EXERCISE INPUT
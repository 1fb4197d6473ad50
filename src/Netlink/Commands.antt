-- ===== src/Netlink/Commands.antt =====
-- The two commands of results_native/gtp5g_baseline/gtp5g_genl.py, sent through its socket.
use ebpf_upf.Prelude.{ℕ, String, Option, none, some, true, codes, str_eq, if◌then◌else◌}
use ebpf_upf.Python.Exec.{Exec, pure, lift, ◌>>=◌, ◌>>◌}
use ebpf_upf.Netlink.Socket.{Socket, GenlSocket, on_nl, resolve_family, cmd}
use ebpf_upf.Netlink.Messages.{
  far_action_drop, far_action_forw, gtp5g_cmd_add_far, gtp5g_cmd_add_pdr, far_attrs, pdr_attrs,
}

module _ (N : Socket) where
  open N use {State}

  unfoldable pub add_far : ℕ → ℕ → ℕ → Option ℕ → Option ℕ → ℕ → Exec (GenlSocket State) (Unit {0})
  add_far ifindex far_id action o_teid peer_ipv4 port = do
    attrs ← lift (far_attrs ifindex far_id action o_teid peer_ipv4 port)
    cmd N gtp5g_cmd_add_far attrs true
    pure tt

  unfoldable pub add_pdr :
      ℕ
      → ℕ
      → ℕ
      → ℕ
      → Option ℕ
      → Option ℕ
      → Option ℕ
      → Option ℕ
      → Option ℕ
      → Exec (GenlSocket State) (Unit {0})
  add_pdr ifindex pdr_id precedence far_id ue_addr_ipv4 i_teid gtpu_addr_ipv4 src_intf
        outer_header_removal =
      do
        attrs ← lift (
            pdr_attrs ifindex pdr_id precedence far_id ue_addr_ipv4 i_teid gtpu_addr_ipv4 src_intf
              outer_header_removal)
        cmd N gtp5g_cmd_add_pdr attrs true
        pure tt

  abbrev pub close : Exec (GenlSocket State) (Unit {0})
  close = on_nl N N.close

  -- The script's steps by name; the peer of `far_forw` is 10.0.0.2. Another name only prints.
  unfoldable pub run_step : String → ℕ → Exec (GenlSocket State) (Unit {0})
  unfolding add_far add_pdr
  run_step step ifindex =
      if str_eq step "far_drop"
      then add_far ifindex 1 far_action_drop none none 2152
      else if str_eq step "far_forw"
      then add_far ifindex 2 far_action_forw (some 0x1000) (some 0x0A000002) 2152
      else if str_eq step "pdr"
      then add_pdr ifindex 1 100 1 none none none none (some 0)
      else pure tt

  -- The script, after `if_nametoindex`.
  unfoldable pub run_script : String → ℕ → Exec (GenlSocket State) (Unit {0})
  unfolding run_step
  run_script step ifindex = do resolve_family N (codes "gtp5g"); run_step step ifindex; close
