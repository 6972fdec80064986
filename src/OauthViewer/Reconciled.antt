-- ===== src/OauthViewer/Reconciled.antt =====
-- What a reconciliation leaves in a SpiceDB server that keeps its laws.
use knowledge_graph_mvp.Prelude.{
  >>=-ok, Bool, Bool-cases, In, In-minus, List, List-cases, Text, [], call-ok, false, if◌then◌else◌,
  inl, inr, lift-ok, list_eq, minus, nat_eq, ok, pure-ok, raise_if-ok, refl, same_set, same_set-In,
  string_eq, subst, sym, true, true_of_not, ℕ, ◌↔◌, ◌∙◌, ◌∷◌, ◌≡◌, ◌⊎◌,
}
use knowledge_graph_mvp.SpiceDb.Laws.{Serves}
use knowledge_graph_mvp.SpiceDb.{
  SpiceDb, PermissionTuple, tuple_eq, tuple_ltb, min_tuple, SpiceDb, is_direct_grant,
}
use knowledge_graph_mvp.Models.{Env, Db, DriveConnection, SourceDocument}
use knowledge_graph_mvp.Identifiers.{connection_prefix}
use knowledge_graph_mvp.OauthViewer.Desired.{desired_tuples-In}
use knowledge_graph_mvp.OauthViewer.{
  direct_grant, touches_of, OauthViewerReconciliation, reconcile_scope,
  reconcile_oauth_viewer_relationships, validated_connection, validated_user_id,
}

min_step :
    (b : Bool) (t u : PermissionTuple) (us : List PermissionTuple)
    → ((x : PermissionTuple) → In (min_tuple x us) (x ∷ us))
    → In (min_tuple (if b then u else t) us) (t ∷ u ∷ us)
min_step true t u us ih = inr (ih u)
min_step false t u us ih = elim (ih t) [ inl p ↦ inl p | inr i ↦ inr (inr i) ]

min_tuple-In : (t : PermissionTuple) (ts : List PermissionTuple) → In (min_tuple t ts) (t ∷ ts)
unfolding min_tuple
min_tuple-In t [] = inl refl
min_tuple-In t (u ∷ us) = min_step (tuple_ltb u t) t u us (λ x. min_tuple-In x us)

-- What a reconciliation touches is desired, and takes in all that was missing.
pub touches_of-In :
    (t : PermissionTuple) (desired current : List PermissionTuple)
    → In t (touches_of desired current)
    → In t desired
unfolding touches_of
touches_of-In t [] current i = i
touches_of-In t (d ∷ ds) current i = elim (List-cases (minus (d ∷ ds) current)) [
  | inl e ↦ one (rw (e, touches_of) at i)
  | inr (u, us, e) ↦ (In-minus t (d ∷ ds) current (rw e (rw (e, touches_of) at i))).0
]
  where
    one : (t ≡ min_tuple d ds) ⊎ ⊥ → In t (d ∷ ds)
    one (inl p) = subst (λ x. In x (d ∷ ds)) (sym p) (min_tuple-In d ds)
    one (inr z) = absurd z

pub missing-In :
    (t : PermissionTuple) (desired current : List PermissionTuple)
    → In t (minus desired current)
    → In t (touches_of desired current)
unfolding touches_of
missing-In t [] current i = (In-minus t [] current i).0
missing-In t (d ∷ ds) current i = elim (List-cases (minus (d ∷ ds) current)) [
  | inl e ↦ absurd (subst (In t) e i)
  | inr (u, us, e) ↦ rw (e, touches_of) (subst (In t) e i)
]

-- The facts that a successful reconciliation of a scope leaves behind, put together.
pub exact_of :
    (scope : PermissionTuple → Bool) (desired current verified before after : List PermissionTuple)
    → ((x : PermissionTuple) → In x current ↔ (In x before × (scope x ≡ true)))
    → ((x : PermissionTuple)
        → In x after
          ↔ (In x (touches_of desired current) ⊎ (In x before × ¬ In x (minus current desired))))
    → ((x : PermissionTuple) → In x verified ↔ (In x after × (scope x ≡ true)))
    → same_set verified desired ≡ true
    → (t : PermissionTuple) → In t after ↔ (In t desired ⊎ (In t before × (scope t ≡ false)))
exact_of scope desired current verified before after read write read' same t = (
  λ i. elim (Bool-cases (scope t)) [
    | inl d ↦ inl ((same_set-In verified desired same t).0 ((read' t).1 (i, d)))
    | inr d ↦ elim ((write t).0 i) [
      | inl j ↦ inl (touches_of-In t desired current j)
      | inr j ↦ inr (j.0, d)
    ]
  ],
  λ i. elim i [
    | inl j ↦ ((read' t).0 ((same_set-In verified desired same t).1 j)).0
    | inr j ↦
        (write t).1 (inr (j.0, λ m. outside j.1 ((read t).0 (In-minus t current desired m).0)))
  ],
)
  where
    outside : scope t ≡ false → In t before × (scope t ≡ true) → ⊥
    outside no_grant (_, grant) = cc

module _ (s : SpiceDb) (law : Serves s) (prefix user : Text) where
  -- A reconciliation that returns has made the direct grants of the user in the connection exactly
  -- the desired tuples, and has kept every other relationship, whatever the server held before.
  pub reconcile_scope-exact :
      (desired : List PermissionTuple) (w w' : s.World) (r : OauthViewerReconciliation)
      → reconcile_scope s prefix user desired w ≡ (ok r, w')
      → (t : PermissionTuple)
      → In t (law.tuples w')
        ↔ (In t desired ⊎ (In t (law.tuples w) × (is_direct_grant prefix user t ≡ false)))
  unfolding reconcile_scope
  reconcile_scope-exact desired w w' r h t =
      let (current, w1, e1, h1) = >>=-ok _ _ w r w' h in
      let (_, w2, e2, h2) = >>=-ok _ _ w1 r w' h1 in
      let (revision, w3, e3, h3) = >>=-ok _ _ w2 r w' h2 in
      let (verified, w4, e4, h4) = >>=-ok _ _ w3 r w' h3 in
      let (_, w5, e5, h5) = >>=-ok _ _ w4 r w' h4 in
      let (_, w6, e6, h6) = >>=-ok _ _ w5 r w' h5 in
      let (p1, read) = law.read_direct prefix user [] w w1 current (call-ok _ _ w current w1 e1) in
      let (_, p2) = lift-ok _ w1 _ w2 e2 in
      let write = law.write _ _ w2 w3 revision (call-ok _ _ w2 revision w3 e3) in
      let (p4, read') =
        law.read_direct prefix user revision w3 w4 verified (call-ok _ _ w3 verified w4 e4) in
      let (_, p5) = lift-ok _ w4 _ w5 e5 in
      let (same, p6) = lift-ok _ w5 _ w6 e6 in
      let (_, p7) = pure-ok _ r w6 w' h6 in
      let start : w2 ≡ w = sym p2 ∙ p1 in
      let end' : w' ≡ w3 = sym p7 ∙ sym p6 ∙ sym p5 ∙ p4 in
      subst
        (λ v.
          In t (law.tuples v)
          ↔ (In t desired ⊎ (In t (law.tuples w) × (is_direct_grant prefix user t ≡ false))))
        (sym end')
        (exact_of (is_direct_grant prefix user) desired current verified (law.tuples w)
          (law.tuples w3) read
          (subst
            (λ v.
              (x : PermissionTuple)
              → In x (law.tuples w3) ↔ (
                  In x (touches_of desired current)
                  ⊎ (In x (law.tuples v) × ¬ In x (minus current desired))))
            start write)
          read' (true_of_not _ (raise_if-ok _ _ _ same)) t)

module _ (s : SpiceDb) (law : Serves s) (env : Env) (db : Db) where
  -- A run that returns, on a server that keeps the laws of `Serves`: the connection and the user pass
  -- their tests, every given id is an active document of the connection, and afterwards the
  -- relationships are the direct grants of the given documents to the user, beside all that was
  -- there outside the user's scope.
  pub reconcile-exact :
      (connection : DriveConnection) (email : Text) (ids : List ℕ) (w w' : s.World)
      (r : OauthViewerReconciliation)
      → reconcile_oauth_viewer_relationships s env db connection email ids w ≡ (ok r, w')
      → (current : DriveConnection) × (user : Text) × (validated_connection env db connection
          ≡ ok current)
        × (validated_user_id env current email ≡ ok user)
        × ((d : ℕ)
            → In d ids
            → (row : SourceDocument) × In row db.documents
              × (row.pk ≡ d)
              × (row.connection ≡ current.pk)
              × (row.active_in_scope ≡ true))
        × ((t : PermissionTuple)
            → In t (law.tuples w') ↔ (
                ((d : ℕ) × In d ids × (t ≡ direct_grant current.pk user d))
                ⊎ (In t (law.tuples w)
                    × (is_direct_grant (connection_prefix current.pk) user t ≡ false))))
  unfolding reconcile_oauth_viewer_relationships
  reconcile-exact connection email ids w w' r h =
      let (current, w1, e1, h1) = >>=-ok _ _ w r w' h in
      let (user, w2, e2, h2) = >>=-ok _ _ w1 r w' h1 in
      let (desired, w3, e3, h3) = >>=-ok _ _ w2 r w' h2 in
      let (p1, q1) = lift-ok _ w current w1 e1 in
      let (p2, q2) = lift-ok _ w1 user w2 e2 in
      let (p3, q3) = lift-ok _ w2 desired w3 e3 in
      let (asked, indexed) = desired_tuples-In env db current user ids desired p3 in
      let exact =
        reconcile_scope-exact s law (connection_prefix current.pk) user desired w3 w' r h3 in
      let start : w3 ≡ w = sym q3 ∙ sym q2 ∙ sym q1 in
      (
        current,
        user,
        p1,
        p2,
        indexed,
        λ t. (
          λ i. elim ((exact t).0 i) [
            | inl j ↦ inl ((asked t).0 j)
            | inr j ↦ inr (subst (λ v. In t (law.tuples v)) start j.0, j.1)
          ],
          λ i. elim i [
            | inl j ↦ (exact t).1 (inl ((asked t).1 j))
            | inr j ↦ (exact t).1 (inr (subst (λ v. In t (law.tuples v)) (sym start) j.0, j.1))
          ],
        ),
      )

TASK INSTRUCTIONS
Which lines in the data above hold the word "asked"? Return each of them.

RESPONSE
      let (asked, indexed) = desired_tuples-In env db current user ids desired p3 in
            | inl j ↦ inl ((asked t).0 j)
            | inl j ↦ (exact t).1 (inl ((asked t).1 j))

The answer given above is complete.